Chronic nicotinamide mononucleotide supplementation elevates blood nicotinamide adenine dinucleotide levels and alters muscle function in healthy older men

Abstract

Preclinical studies have revealed that the elevation of nicotinamide adenine dinucleotide (NAD + ) upon the administration of nicotinamide mononucleotide (NMN), an NAD + precursor, can mitigate aging-related disorders; however, human data on this are limited. We investigated whether the chronic oral supplementation of NMN can elevate blood NAD + levels and alter physiological dysfunctions in healthy older participants. We administered 250 mg NMN per day to aged men for 6 or 12 weeks in a placebo-controlled, randomized, double-blind, parallel-group trial. Chronic NMN supplementation was well tolerated and caused no significant deleterious effect. Metabolomic analysis of whole blood samples demonstrated that oral NMN supplementation significantly increased the NAD + and NAD + metabolite concentrations. There were nominally significant improvements in gait speed and performance in the left grip test, which should be validated in larger studies; however, NMN exerted no significant effect on body composition. Therefore, chronic oral NMN supplementation can be an efficient NAD + booster for preventing aging-related muscle dysfunctions in humans.

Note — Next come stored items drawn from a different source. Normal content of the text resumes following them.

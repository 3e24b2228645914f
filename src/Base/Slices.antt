-- ===== src/Base/Slices.antt =====
-- Python's slices of a text, by positions in its characters that are not negative.
use Prim.Native.Nat.{ℕ, zero, suc, ◌+◌, ◌-◌, ◌≤◌}
use Prim.Native.String.{String, ◌++◌}
use mathlib.Core.Path.{◌≡◌, refl, ◌∙◌, sym, ap}
use native.Mathlib.Omega.{arith}
use text.Mathlib.TextLemmas.{nil-append, cons-append}

-- `s[:n]`
unfoldable pub take_text : ℕ → String → String
take_text zero s = String.[]
take_text (suc n) String.[] = String.[]
take_text (suc n) (String.◌∷◌ c s) = String.◌∷◌ c (take_text n s)

-- `s[n:]`
unfoldable pub drop_text : ℕ → String → String
drop_text zero s = s
drop_text (suc n) String.[] = String.[]
drop_text (suc n) (String.◌∷◌ c s) = drop_text n s

-- `s[a:b]`
unfoldable pub slice : ℕ → ℕ → String → String
unfolding take_text drop_text
slice a b s = take_text (b - a) (drop_text a s)

take-drop : (n : ℕ) (s : String) → take_text n s ++ drop_text n s ≡ s
unfolding take_text drop_text
take-drop zero s = nil-append s
take-drop (suc n) String.[] = nil-append String.[]
take-drop (suc n) (String.◌∷◌ c s) =
    cons-append c (take_text n s) (drop_text n s) ∙ ap (String.◌∷◌ c) (take-drop n s)

drop-nothing : (n : ℕ) → drop_text n String.[] ≡ String.[]
unfolding drop_text
drop-nothing zero = refl
drop-nothing (suc n) = refl

drop-drop : (m n k : ℕ) (s : String) → m + n ≡ k → drop_text n (drop_text m s) ≡ drop_text k s
unfolding drop_text
drop-drop zero n k s h = let same : n ≡ k = omega arith in ap (λ i. drop_text i s) same
drop-drop (suc m) n k String.[] h = drop-nothing n ∙ sym (drop-nothing k)
drop-drop (suc m) n zero (String.◌∷◌ c s) h = absurd (omega arith)
drop-drop (suc m) n (suc k) (String.◌∷◌ c s) h = drop-drop m n k s (omega arith)

-- The rest of a text from `a` on is the slice up to `b` with the rest from `b` on.
pub slice-drop : (a b : ℕ) (s : String) → a ≤ b → slice a b s ++ drop_text b s ≡ drop_text a s
unfolding slice
slice-drop a b s h =
    ap (λ t. take_text (b - a) (drop_text a s) ++ t) (sym (drop-drop a (b - a) b s (omega arith)))
    ∙ take-drop (b - a) (drop_text a s)
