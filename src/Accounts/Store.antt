-- ===== src/Accounts/Store.antt =====
-- src/tryops/db.py: the tables of members, profiles, invitations and account events, and the helpers
-- `_email`, `_role` and `_stable_id`. What Python and the database do to a text is a parameter.
use try_ops_try_on_mlops.Base.{
  ℕ, String, string_eq, option_eq, Bool, Option, none, some, List, [], ◌∷◌, count_if, ◌==◌, ◌&&◌,
  ◌||◌, contains, if◌then◌else◌,
}
use try_ops_try_on_mlops.Base.Json.{Fields}
use try_ops_try_on_mlops.Base.Result.{Result, raised, ok}
use try_ops_try_on_mlops.Base.Slices.{take_text}
use try_ops_try_on_mlops.Base.Text.{strip, concat}

-- `str.lower`, SQL's `LOWER`, `sha256(...).hexdigest()`, and the ids that `uuid4` gives: one for an
-- event of the log and one for an invitation, by how much is there already
pub record Services : Type 0 where
  pub lower : String → String
  pub sql_lower : String → String
  pub hexdigest : String → String
  pub event_uuid : ℕ → String
  pub invitation_uuid : ℕ → String

pub record Member : Type 0 where
  pub id : String
  pub account_id : String
  pub subject : String
  pub email : Option String
  pub display_name : Option String
  pub role : String
  pub status : String
  pub created_at : String
  pub last_seen_at : Option String

pub record Profile : Type 0 where
  pub subject : String
  pub email : Option String
  pub display_name : Option String

pub record Invitation : Type 0 where
  pub id : String
  pub account_id : String
  pub email : String
  pub invited_subject : Option String
  pub role : String
  pub status : String
  pub invited_by : String
  pub created_at : String
  pub updated_at : String
  pub accepted_at : Option String
  pub revoked_at : Option String

-- The detail is the object that `json.dumps` writes.
pub record AuditEvent : Type 0 where
  pub id : String
  pub account_id : String
  pub created_at : String
  pub actor_subject : String
  pub action : String
  pub target : String
  pub detail : Fields

pub record Store : Type 0 where
  pub profiles : List Profile
  pub members : List Member
  pub invitations : List Invitation
  pub audit_log : List AuditEvent

-- What a function comes to, and the database as it is committed then: what is not committed when
-- an exception is raised is rolled back as the connection is closed.
abbrev pub Done : Type 0 → Type 0
Done A = Store × Result A

-- `value or default` on a text that may be missing
abbrev pub text_or : Option String → String → String
text_or none default = default
text_or (some t) default = if t == "" then default else t

unfoldable pub email_of : Services → Option String → String
email_of S value = S.lower (strip (text_or value ""))

unfoldable pub role_of : Option String → Result String
role_of value =
    let role = strip (text_or value "account_member") in
    if contains role ("account_owner" ∷ "account_member" ∷ "account_viewer" ∷ "platform_admin" ∷ [])
    then ok (if role == "platform_admin" then "account_owner" else role)
    else raised "role must be account_owner, account_member, or account_viewer"

unfoldable pub stable_id : Services → String → String → String
stable_id S prefix value = concat (prefix ∷ "_" ∷ take_text 16 (S.hexdigest value) ∷ [])

-- `WHERE id=? AND account_id=?`
abbrev pub is_member : String → String → Member → Bool
is_member account_id member_id m = m.id == member_id && m.account_id == account_id

-- `PRIMARY KEY (id)` and `UNIQUE(account_id, subject)`
abbrev pub members_clash : Member → Member → Bool
members_clash m n = n.id == m.id || (n.account_id == m.account_id && n.subject == m.subject)

abbrev pub is_active_owner : String → Member → Bool
is_active_owner account_id m =
    m.account_id == account_id && (m.role == "account_owner" && m.status == "active")

unfoldable pub active_owner_count : Store → String → ℕ
active_owner_count d account_id = count_if (is_active_owner account_id) d.members
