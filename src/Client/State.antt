-- ===== src/Client/State.antt =====
-- The state of a client.
use quic_ruby.Base.{Bool, ℕ, List}
use quic_ruby.Client.Objects.{Objects}

-- `quic_client_t` with its Ruby instance variables. `bound` says that @sock is set, and `sent` holds
-- the datagrams given to `@sock.send`, oldest first.
pub record Client (Conn : Type 0) : Type 0 where
  pub conn : Conn
  pub objects : Objects
  pub bound : Bool
  pub sent : List (List ℕ)

-- Client#bind of lib/quic/connection.rb, with a socket or with nil.
abbrev pub bind : {Conn : Type 0} → Client Conn → Bool → Client Conn
bind c is_socket = record c { bound = is_socket }
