-- ===== src/Client/Callbacks.antt =====
-- The ngtcp2 stream callbacks of ext/quic/connection_client.c. Each returns 0, so a call of ngtcp2
-- runs its callbacks one after the other.
use quic_ruby.Base.{
  ℕ, ◌%◌, Bool, true, none, some, List, [], ◌∷◌, ◌++◌, ◌&&◌, not, length, ltb, leb, ◌==◌,
  if◌then◌else◌, add64,
}
use quic_ruby.Ruby.Hash.{delete}
use quic_ruby.Stream.{Stream}
use quic_ruby.Ngtcp2.{
  Event, stream_open, recv_stream_data, acked_stream_data_offset, stream_close, stream_reset,
}
use quic_ruby.Client.Objects.{Objects, store, lookup_stream, register}

-- quic_stream_open_cb
unfoldable pub stream_open_cb : Objects → ℕ → Objects
stream_open_cb o stream_id = elim (lookup_stream o stream_id) [
  | some r ↦ o
  | none ↦ register o stream_id
]

-- The low bit of a stream id marks a stream that the server opened.
abbrev pub is_server : ℕ → Bool
is_server stream_id = stream_id % 2 == 1

-- What quic_recv_stream_data_cb does to the stream object.
unfoldable pub receive : Stream → Bool → Bool → List ℕ → Stream
receive s surfaced fin bytes = record s {
  accept_queued = if surfaced then true else s.accept_queued;
  recv_buffer = if ltb 0 (length bytes) then s.recv_buffer ++ bytes else s.recv_buffer;
  fin_received = if fin then true else s.fin_received;
}

-- quic_recv_stream_data_cb
unfoldable pub recv_stream_data_cb : Objects → Bool → ℕ → List ℕ → Objects
recv_stream_data_cb o fin stream_id bytes = elim (lookup_stream o stream_id) [
  | none ↦ o
  | some r ↦
      let surfaced = not (o.cell r).accept_queued && is_server stream_id in
      record (store o r (receive (o.cell r) surfaced fin bytes)) {
        accept_queue = if surfaced then o.accept_queue ++ r ∷ [] else o.accept_queue;
      }
]

-- The loop that shifts the chunks that are acknowledged whole, with `pending_shifted`.
unfoldable pub shift_acked : ℕ → ℕ → List (List ℕ) → ℕ × List (List ℕ)
shift_acked acked shifted [] = (shifted, [])
shift_acked acked shifted (head ∷ rest) =
    let head_end = add64 shifted (length head) in
    let more = shift_acked acked head_end rest in
    if leb head_end acked then more else (shifted, head ∷ rest)

-- What quic_acked_stream_data_offset_cb does to the stream object.
unfoldable pub acknowledge : Stream → ℕ → Stream
acknowledge s datalen =
    let acked = add64 s.acked_offset datalen in
    let (shifted, chunks) = shift_acked acked s.pending_shifted s.pending_chunks in
    record s { acked_offset = acked; pending_shifted = shifted; pending_chunks = chunks }

-- quic_acked_stream_data_offset_cb
unfoldable pub acked_stream_data_offset_cb : Objects → ℕ → ℕ → Objects
acked_stream_data_offset_cb o stream_id datalen = elim (lookup_stream o stream_id) [
  | none ↦ o
  | some r ↦ store o r (acknowledge (o.cell r) datalen)
]

-- What quic_stream_close_cb does to the stream object.
unfoldable pub mark_closed : Stream → Bool → ℕ → Stream
mark_closed s has_code code = record s {
  closed = true;
  close_has_app_error_code = if has_code then true else s.close_has_app_error_code;
  close_app_error_code = if has_code then code else s.close_app_error_code;
}

-- quic_stream_close_cb
unfoldable pub stream_close_cb : Objects → Bool → ℕ → ℕ → Objects
stream_close_cb o has_code stream_id code = elim (lookup_stream o stream_id) [
  | none ↦ o
  | some r ↦ record (store o r (mark_closed (o.cell r) has_code code)) {
    streams = delete stream_id o.streams;
  }
]

-- What quic_stream_reset_cb does to the stream object.
unfoldable pub mark_reset : Stream → ℕ → Stream
mark_reset s code = record s {
  reset = true;
  close_app_error_code = code;
  close_has_app_error_code = true;
}

-- quic_stream_reset_cb
unfoldable pub stream_reset_cb : Objects → ℕ → ℕ → Objects
stream_reset_cb o stream_id code = elim (lookup_stream o stream_id) [
  | none ↦ o
  | some r ↦ store o r (mark_reset (o.cell r) code)
]

unfoldable pub callback : Objects → Event → Objects
callback o (stream_open stream_id) = stream_open_cb o stream_id
callback o (recv_stream_data fin stream_id bytes) = recv_stream_data_cb o fin stream_id bytes
callback o (acked_stream_data_offset stream_id datalen) =
    acked_stream_data_offset_cb o stream_id datalen
callback o (stream_close has_code stream_id code) = stream_close_cb o has_code stream_id code
callback o (stream_reset stream_id code) = stream_reset_cb o stream_id code

-- The callbacks of one call of ngtcp2.
unfoldable pub callbacks : Objects → List Event → Objects
callbacks o [] = o
callbacks o (e ∷ es) = callbacks (callback o e) es
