-- ===== src/Client/Picker.antt =====
-- quic_client_pick_send_stream of ext/quic/connection_client.c.
pub mod Offers
use quic_ruby.Base.{
  ℕ, suc, ◌-◌, Bool, true, Option, none, some, List, [], ◌∷◌, ◌&&◌, not, length, drop, get_or, ltb,
  ◌==◌, if◌then◌else◌, sub64,
}
use quic_ruby.Ruby.Hash.{values}
use quic_ruby.Stream.{Stream}
use quic_ruby.Client.Objects.{Objects}

-- What is handed to writev_stream for a stream.
pub record Candidate : Type 0 where
  pub bytes : List ℕ
  pub datavcnt : ℕ
  pub fin : Bool
  pub stream_id : ℕ

-- The inner loop: the chunk with the next unsent byte, and that byte's offset in it.
unfoldable pub find_chunk : ℕ → List (List ℕ) → ℕ → Option (ℕ × ℕ)
find_chunk position [] j = none
find_chunk position (chunk ∷ rest) j =
    let later = find_chunk (sub64 position (length chunk)) rest (suc j) in
    if ltb position (length chunk) then some (j, position) else later

-- The body of the outer loop; `none` goes on to the next stream.
unfoldable pub candidate : Stream → Option Candidate
candidate s =
    if s.fin_flushed
    then none
    else elim (find_chunk (sub64 s.sent_offset s.pending_shifted) s.pending_chunks 0) [
      | some (j, offset) ↦ some (record {
        bytes = drop offset (get_or s.pending_chunks j []);
        datavcnt = 1;
        fin = s.fin_sent && j == length s.pending_chunks - 1;
        stream_id = s.stream_id;
      })
      | none ↦
          if s.fin_sent && not s.fin_flushed
          then some (record { bytes = []; datavcnt = 0; fin = true; stream_id = s.stream_id })
          else none
    ]

-- The outer loop, over the streams that are left.
unfoldable pub pick_from : (ℕ → Stream) → List ℕ → Option (ℕ × Candidate)
pick_from cell [] = none
pick_from cell (r ∷ rest) =
    let later = pick_from cell rest in
    elim (candidate (cell r)) [ some p ↦ some (r, p) | none ↦ later ]

unfoldable pub pick_send_stream : Objects → Option (ℕ × Candidate)
pick_send_stream o = pick_from o.cell (values o.streams)
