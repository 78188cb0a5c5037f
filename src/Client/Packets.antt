-- ===== src/Client/Packets.antt =====
-- #write_pkt, #read_pkt, #expiry, #handle_expiry and the state queries of
-- ext/quic/connection_client.c. The clock is the argument `now`.
pub mod Buffers
pub mod Arguments
use quic_ruby.Base.{
  ℕ, ◌*◌, ◌-◌, ◌%◌, Bool, true, false, Option, none, some, List, [], ◌&&◌, ◌||◌, length, take, ◌==◌,
  if◌then◌else◌, add64, is_negative, is_positive, is_zero, magnitude, u64_mod,
}
use quic_ruby.Ruby.{
  Value, nil, ascii_8bit, other_encoding, Result, ok, raise, ◌>>=◌, arg_error, type_error,
  runtime_error, is_nil, keyword, Kwargs,
}
use quic_ruby.Errors.{raise_ngtcp2_error}
use quic_ruby.Stream.{Stream}
use quic_ruby.Ngtcp2.{Ngtcp2, Writev, Written, SocketPath}
use quic_ruby.Client.Objects.{Objects, store}
use quic_ruby.Client.Callbacks.{callbacks}
use quic_ruby.Client.Picker.{Candidate, pick_send_stream}
use quic_ruby.Client.State.{Client}

-- QUIC_WRITE_PKT_BUFLEN
abbrev pub write_pkt_buflen : ℕ
write_pkt_buflen = 1200

-- quic_now, of the two fields of `struct timespec`.
unfoldable pub quic_now : ℕ → ℕ → ℕ
quic_now tv_sec tv_nsec = add64 (tv_sec * 1_000_000_000 % u64_mod) tv_nsec

-- quic_require_binary
unfoldable pub require_binary : Value → Result (List ℕ)
require_binary (Value.string ascii_8bit bytes) = ok bytes
require_binary (Value.string other_encoding bytes) = raise arg_error
require_binary v = raise type_error

-- The check of the buffer that #write_pkt is given, or its own; the String's bytes so far.
unfoldable pub check_buffer : Value → Result (List ℕ)
check_buffer nil = ok []
check_buffer v = require_binary v

-- The content of a String argument.
unfoldable pub string_bytes : Value → List ℕ
string_bytes (Value.string e bytes) = bytes
string_bytes v = []

-- The arguments of writev_stream for what was picked.
unfoldable pub writev_args : Option (ℕ × Candidate) → ℕ → Writev
writev_args none now = record {
  destlen = write_pkt_buflen;
  fin = false;
  stream_id = none;
  bytes = [];
  datavcnt = 0;
  ts = now;
}
writev_args (some (r, p)) now = record {
  destlen = write_pkt_buflen;
  fin = p.fin;
  stream_id = some p.stream_id;
  bytes = p.bytes;
  datavcnt = p.datavcnt;
  ts = now;
}

-- The accounting of the selected stream.
unfoldable pub account : Stream → Candidate → Written → Stream
account s p w =
    if is_positive w.pdatalen
    then record s {
      sent_offset = add64 s.sent_offset (magnitude w.pdatalen);
      fin_flushed = if p.fin && magnitude w.pdatalen == length p.bytes then true else s.fin_flushed;
    }
    else if p.datavcnt == 0 && is_positive w.n && p.fin
    then record s { fin_flushed = true }
    else s

unfoldable pub account_picked : Objects → Option (ℕ × Candidate) → Written → Objects
account_picked o none w = o
account_picked o (some (r, p)) w = store o r (account (o.cell r) p w)

-- The two socket addresses among the keywords.
unfoldable pub path_keywords : Kwargs → Result (Value × Value)
path_keywords none = raise arg_error
path_keywords (some opts) =
    let local_v = keyword "local_sockaddr" opts in
    let remote_v = keyword "remote_sockaddr" opts in
    if is_nil local_v || is_nil remote_v then raise arg_error else ok (local_v, remote_v)

unfoldable pub check_packet : Value → Kwargs → Result (SocketPath × List ℕ)
check_packet packet_v opts = do
  addresses ← path_keywords opts
  packet ← require_binary packet_v
  local_bytes ← require_binary addresses.0
  remote_bytes ← require_binary addresses.1
  ok (record { local_sockaddr = local_bytes; remote_sockaddr = remote_bytes }, packet)

-- What #write_pkt leaves: its result, the content of the buffer, and the client.
pub record PacketOut (Conn : Type 0) : Type 0 where
  pub result : Result (Option (List ℕ))
  pub buffer : List ℕ
  pub client : Client Conn

-- The result of a call that returns nil, the packet's lock (rb_str_locktmp), and the client.
pub record PacketIn (Conn : Type 0) : Type 0 where
  pub result : Result (Unit {0})
  pub locked : Bool
  pub client : Client Conn

module _ {Conn : Type 0} (n : Ngtcp2 Conn) where
  -- quic_client_write_pkt, behind the check of its argument.
  unfoldable pub write_into : Client Conn → ℕ → PacketOut Conn
  write_into c now =
      let picked = pick_send_stream c.objects in
      let (conn, events, w) = n.writev_stream c.conn (writev_args picked now) in
      let o = callbacks c.objects events in
      let o' = account_picked o picked w in
      if is_negative w.n
      then record {
        result = raise (raise_ngtcp2_error n.codes w.n);
        buffer = [];
        client = record c { conn = conn; objects = o };
      }
      else if is_zero w.n
      then record { result = ok none; buffer = []; client = record c { conn = conn; objects = o' } }
      else record {
        result = ok (some (take (magnitude w.n) w.dest));
        buffer = take (magnitude w.n) w.dest;
        client = record c { conn = conn; objects = o' };
      }

  -- quic_client_write_pkt
  unfoldable pub write_pkt : Client Conn → Value → ℕ → PacketOut Conn
  write_pkt c buffer_v now = elim (check_buffer buffer_v) [
    | ok bytes ↦ write_into c now
    | raise e ↦ record { result = raise e; buffer = string_bytes buffer_v; client = c }
  ]

  -- quic_read_pkt_body
  unfoldable pub read_pkt_body :
      Client Conn → SocketPath → List ℕ → ℕ → Result (Unit {0}) × Client Conn
  read_pkt_body c path packet now =
      let (conn, events, rv) = n.read_pkt c.conn path packet now in
      let c' : Client Conn = record c { conn = conn; objects = callbacks c.objects events } in
      (if is_zero rv then ok tt else raise (raise_ngtcp2_error n.codes rv), c')

  -- quic_client_read_pkt. `locked` says that the packet String was locked before the call, which
  -- rb_str_locktmp refuses. rb_ensure unlocks it on every way out.
  unfoldable pub read_pkt : Client Conn → Value → Kwargs → Bool → ℕ → PacketIn Conn
  read_pkt c packet_v opts locked now = elim (check_packet packet_v opts) [
    | raise e ↦ record { result = raise e; locked = locked; client = c }
    | ok (path, packet) ↦
        if locked
        then record { result = raise runtime_error; locked = true; client = c }
        else let (r, c') = read_pkt_body c path packet now in
          record { result = r; locked = false; client = c' }
  ]

  -- quic_client_expiry: nil at UINT64_MAX.
  unfoldable pub expiry : Client Conn → Option ℕ
  expiry c = let t = n.get_expiry c.conn in if t == u64_mod - 1 then none else some t

  -- quic_client_handle_expiry
  unfoldable pub handle_expiry : Client Conn → ℕ → Result (Unit {0}) × Client Conn
  handle_expiry c now =
      let (conn, events, rv) = n.handle_expiry c.conn now in
      let c' : Client Conn = record c { conn = conn; objects = callbacks c.objects events } in
      (if is_zero rv then ok tt else raise (raise_ngtcp2_error n.codes rv), c')

  -- quic_client_handshake_completed_p and the two period queries.
  unfoldable pub is_handshake_completed : Client Conn → Bool
  is_handshake_completed c = n.get_handshake_completed c.conn

  unfoldable pub is_in_closing_period : Client Conn → Bool
  is_in_closing_period c = n.in_closing_period c.conn

  unfoldable pub is_in_draining_period : Client Conn → Bool
  is_in_draining_period c = n.in_draining_period c.conn
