-- ===== src/Client/Io.antt =====
-- The methods of Quic::Stream in ext/quic/stream.c that go through the connection, and the calls of
-- the client that open a stream. A stream is named by its reference.
pub mod Window
pub mod Unqueued
pub mod Repeated
pub mod Rescue
pub mod Aborted
use quic_ruby.Base.{
  ℕ, ℤ, Bool, true, false, none, some, List, not, length, take, ltb, leb, ◌==◌, if◌then◌else◌,
  is_zero,
}
use quic_ruby.Ruby.{
  Value, ascii_8bit, Result, ok, raise, quic, ErrorClass, type_error, check_string, is_nil, rtest,
  keyword, Kwargs, Numeric,
}
use quic_ruby.Errors.{raise_ngtcp2_error}
use quic_ruby.Stream.{Stream, enqueue, close_write}
use quic_ruby.Ngtcp2.{Ngtcp2}
use quic_ruby.Client.Objects.{store, register}
use quic_ruby.Client.State.{Client}

-- quic_stream_fin_kwarg
unfoldable pub fin_kwarg : Kwargs → Bool
fin_kwarg none = false
fin_kwarg (some opts) = rtest (keyword "fin" opts)

module _ {Conn : Type 0} where
  -- The stream behind a reference, and a write through it.
  abbrev pub stream : Client Conn → ℕ → Stream
  stream c r = c.objects.cell r

  abbrev pub set_stream : Client Conn → ℕ → Stream → Client Conn
  set_stream c r s = record c { objects = store c.objects r s }

  -- quic_stream_enqueue on the stream behind a reference.
  unfoldable pub enqueue_on : Client Conn → ℕ → Value → Bool → Result ℕ × Client Conn
  enqueue_on c r data_v fin =
      let (result, s) = enqueue (stream c r) data_v fin in (result, set_stream c r s)

  -- quic_stream_close_write_m
  unfoldable pub close_write_on : Client Conn → ℕ → Result (Unit {0}) × Client Conn
  close_write_on c r = let (result, s) = close_write (stream c r) in (result, set_stream c r s)

module _ {Conn : Type 0} (n : Ngtcp2 Conn) where
  -- quic_stream_window_left
  unfoldable pub window_left : Client Conn → ℕ → ℕ
  window_left c r =
      let stream_left = n.get_max_stream_data_left c.conn (stream c r).stream_id in
      let conn_left = n.get_max_data_left c.conn in
      if ltb stream_left conn_left then stream_left else conn_left

  -- The part of quic_stream_write_nonblock_m for a non-empty payload and the window `avail`.
  unfoldable pub write_window : Client Conn → ℕ → Value → List ℕ → Bool → ℕ → Result ℕ × Client Conn
  write_window c r data_v bytes fin avail =
      let needed = length bytes in
      let count = if leb needed avail then needed else avail in
      let effective_fin = if count == needed then fin else false in
      let slice = if count == needed then data_v else Value.string ascii_8bit (take count bytes) in
      if avail == 0
      then (raise (quic ErrorClass.wait_writable none), c)
      else enqueue_on c r slice effective_fin

  -- quic_stream_write_nonblock_m
  unfoldable pub write_nonblock : Client Conn → ℕ → Value → Kwargs → Result ℕ × Client Conn
  write_nonblock c r data_v opts =
      let fin = fin_kwarg opts in
      if not (stream c r).has_client
      then enqueue_on c r data_v fin
      else elim (check_string data_v) [
        | raise e ↦ (raise e, c)
        | ok bytes ↦
            if length bytes == 0
            then enqueue_on c r data_v fin
            else write_window c r data_v bytes fin (window_left c r)
      ]

  -- quic_stream_close_read_m. quic_client_conn refuses the nil @client of a bare stream.
  unfoldable pub close_read : Client Conn → ℕ → Result (Unit {0}) × Client Conn
  close_read c r =
      if not (stream c r).has_client
      then (raise type_error, c)
      else let (conn, rv) = n.shutdown_stream_read c.conn (stream c r).stream_id 0 in
        (
          if is_zero rv then ok tt else raise (raise_ngtcp2_error n.codes rv),
          record c { conn = conn },
        )

  -- quic_stream_close_m
  unfoldable pub close_stream : Client Conn → ℕ → Result (Unit {0}) × Client Conn
  close_stream c r =
      let (result, c') = close_write_on c r in
      elim result [ raise e ↦ (raise e, c') | ok u ↦ close_read c' r ]

  -- The part of quic_stream_reset_m behind the conversion of the error code.
  unfoldable pub reset_with : Client Conn → ℕ → ℕ → Result (Unit {0}) × Client Conn
  reset_with c r error_code =
      let s = stream c r in
      let (conn, rv) = n.shutdown_stream_write c.conn s.stream_id error_code in
      if s.reset
      then (ok tt, c)
      else if not s.has_client
      then (ok tt, set_stream c r (record s { reset = true }))
      else if is_zero rv
      then (ok tt, record (set_stream c r (record s { reset = true })) { conn = conn })
      else (raise (raise_ngtcp2_error n.codes rv), record c { conn = conn })

  -- quic_stream_reset_m
  unfoldable pub reset_stream : Numeric → Client Conn → ℕ → Value → Result (Unit {0}) × Client Conn
  reset_stream num c r error_code_v =
      elim (if is_nil error_code_v then ok 0 else num.num2ull error_code_v) [
        | raise e ↦ (raise e, c)
        | ok error_code ↦ reset_with c r error_code
      ]

  -- The common body of quic_client_open_bidi_stream and quic_client_open_uni_stream, behind the call
  -- of ngtcp2; the result is the reference of the new stream.
  unfoldable pub opened : Client Conn → Conn → ℤ → ℕ → Result ℕ × Client Conn
  opened c conn rv stream_id =
      if is_zero rv
      then (ok c.objects.next, record c { conn = conn; objects = register c.objects stream_id })
      else (raise (raise_ngtcp2_error n.codes rv), record c { conn = conn })

  -- quic_client_open_bidi_stream
  unfoldable pub open_bidi_stream : Client Conn → Result ℕ × Client Conn
  open_bidi_stream c =
      let (conn, rv, stream_id) = n.open_bidi_stream c.conn in opened c conn rv stream_id

  -- quic_client_open_uni_stream
  unfoldable pub open_uni_stream : Client Conn → Result ℕ × Client Conn
  open_uni_stream c =
      let (conn, rv, stream_id) = n.open_uni_stream c.conn in opened c conn rv stream_id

Fig. 1. Clinical trial diagrams.

Clinical trial flow chart illustrating the procedures for the selection of study participants and data analyses. Sixty-five potential participants were screened, and 42 eligible participants were selected and randomized in a 1:1 ratio into the two groups. Clinical examinations were performed at the 0-, 6-, and 12-week visits. Deviation from the study protocol was noted in 22 participants after the 6-week visit, and eventually, 20 participants completed the 12-week study.

Fig. 2. Chronic oral NMN administration increases whole blood NAD+ and NAD+-related metabolite levels.

a–g Changes in whole blood NAD+ and NAD+-related metabolite levels (NMN (a), NAD+ (b), NR (c), NAMN (d), NAR (e), NA (f), and NAM (g)) after 12 weeks of placebo (n = 10) or NMN (n = 10) supplementation. Center lines in boxplots are medians. Bounds of boxes are 25- and 75 percentiles. Bounds of whiskers are the minimum and the maximum inside a distance of 1.5 times the interquartile range from the lower or upper quartile. NMN nicotinamide mononucleotide, NAD+ nicotinamide adenine dinucleotide, NR nicotinamide riboside, NAMN nicotinic acid mononucleotide, NAR nicotinic acid riboside, NA nicotinic acid, NAM nicotinamide. ^aInter-group comparisons were performed using an unpaired t test. ^bInter-group comparisons were performed using the Mann–Whitney U test. *P < 0.05; **P < 0.01; ***P < 0.001.

Fig. 3. NMN supplementation does not affect metabolic parameters.

a A representative single CT slice at the navel level of an NMN or placebo group participant at the 0- or 12-visit to calculate the visceral fat area; the red region indicates visceral fat, and the blue region indicates subcutaneous fat. b The effect of NMN on the CT L/S ratio, visceral fat area calculated from CT slices, and fat mass (lrb%) measured using the BIA method. c The effect of NMN on HbA1c, FBG, HOMA-β, HOMA-IR, glucose AUC, insulin AUC, and C-peptide AUC. The AUC was calculated from the results of the 75 g OGTT. The numbers in the parentheses indicate the respective sample sizes. ^aTreatment was compared using a mixed-model analysis. The p-value denotes the interaction. ^bTreatment was compared using MMRM. The P value denotes interaction. ^cInter-group comparisons were performed using an unpaired t test (no adjustment for baseline). ^dInter-group comparisons were performed using the Mann–Whitney U test (no adjustment for baseline). ^eInter-group comparisons were performed using ANCOVA for adjusting the baseline. *P < 0.05; **P < 0.01; ***P < 0.001.